*** Recorded data ***

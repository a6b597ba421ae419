-- ===== src/Util/OsSignal.antt =====
-- src/ioproxy/os/SignalHandler.hpp and SignalHandler.win32.cpp: signals of the operating system.
use ioproxy.Base.{ℕ, ◌≡◌, ◌≢◌, Bool, true, false, Option, none, some, arith, ◌==◌, if◌then◌else◌}

pub data OsSignal : Type 0 where
  unhandled noop int term close reload : OsSignal

-- The constants of the Windows headers.
pub record Native : Type 0 where
  pub ctrl_c_event : ℕ
  pub ctrl_break_event : ℕ
  pub ctrl_close_event : ℕ

module _ (native : Native) where
  unfoldable pub native2enum : ℕ → OsSignal
  native2enum n =
      if n == native.ctrl_c_event
      then int
      else if n == native.ctrl_break_event
      then term
      else if n == native.ctrl_close_event
      then close
      else unhandled

  unfoldable pub signal2enum : OsSignal → ℕ
  signal2enum int = native.ctrl_c_event
  signal2enum term = native.ctrl_break_event
  signal2enum close = native.ctrl_close_event
  signal2enum _ = 0

  -- `g_signalHandler` is the handler's `handleSignal`, over its state `H`, or null.
  unfoldable pub signal_handler_func :
      {H : Type 0} → Option (OsSignal → H → Bool × H) → ℕ → H → Bool × H
  unfolding native2enum
  signal_handler_func none n h = (false, h)
  signal_handler_func (some handle_signal) n h = handle_signal (native2enum n) h

  -- Which signals have a number of their own.
  abbrev pub is_native : OsSignal → Bool
  is_native int = true
  is_native term = true
  is_native close = true
  is_native _ = false

  -- With three different numbers, the signals that have one come back from it, and every other signal
  -- comes back as what 0 stands for; and each number comes back, or is 0 if it stands for no signal.
  native2enum-signal2enum :
      (s : OsSignal) (n : ℕ)
      → native.ctrl_c_event ≢ native.ctrl_break_event
      → native.ctrl_c_event ≢ native.ctrl_close_event
      → native.ctrl_break_event ≢ native.ctrl_close_event
      → (native2enum (signal2enum s) ≡ (if is_native s then s else native2enum 0))
        × (signal2enum (native2enum n) ≡ (if is_native (native2enum n) then n else 0))
  unfolding native2enum signal2enum
  native2enum-signal2enum int n a b c = ground arith
  native2enum-signal2enum term n a b c = ground arith
  native2enum-signal2enum close n a b c = ground arith
  native2enum-signal2enum unhandled n a b c = ground arith
  native2enum-signal2enum noop n a b c = ground arith
  native2enum-signal2enum reload n a b c = ground arith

*** End of Recorded data ***

* [Your objective]
Print exactly the lines above from the one with "unfoldable pub signal2enum : OsSignal → ℕ" to the one with "signal2enum _ = 0", including both.

* [Answer section]
  unfoldable pub signal2enum : OsSignal → ℕ
  signal2enum int = native.ctrl_c_event
  signal2enum term = native.ctrl_break_event
  signal2enum close = native.ctrl_close_event
  signal2enum _ = 0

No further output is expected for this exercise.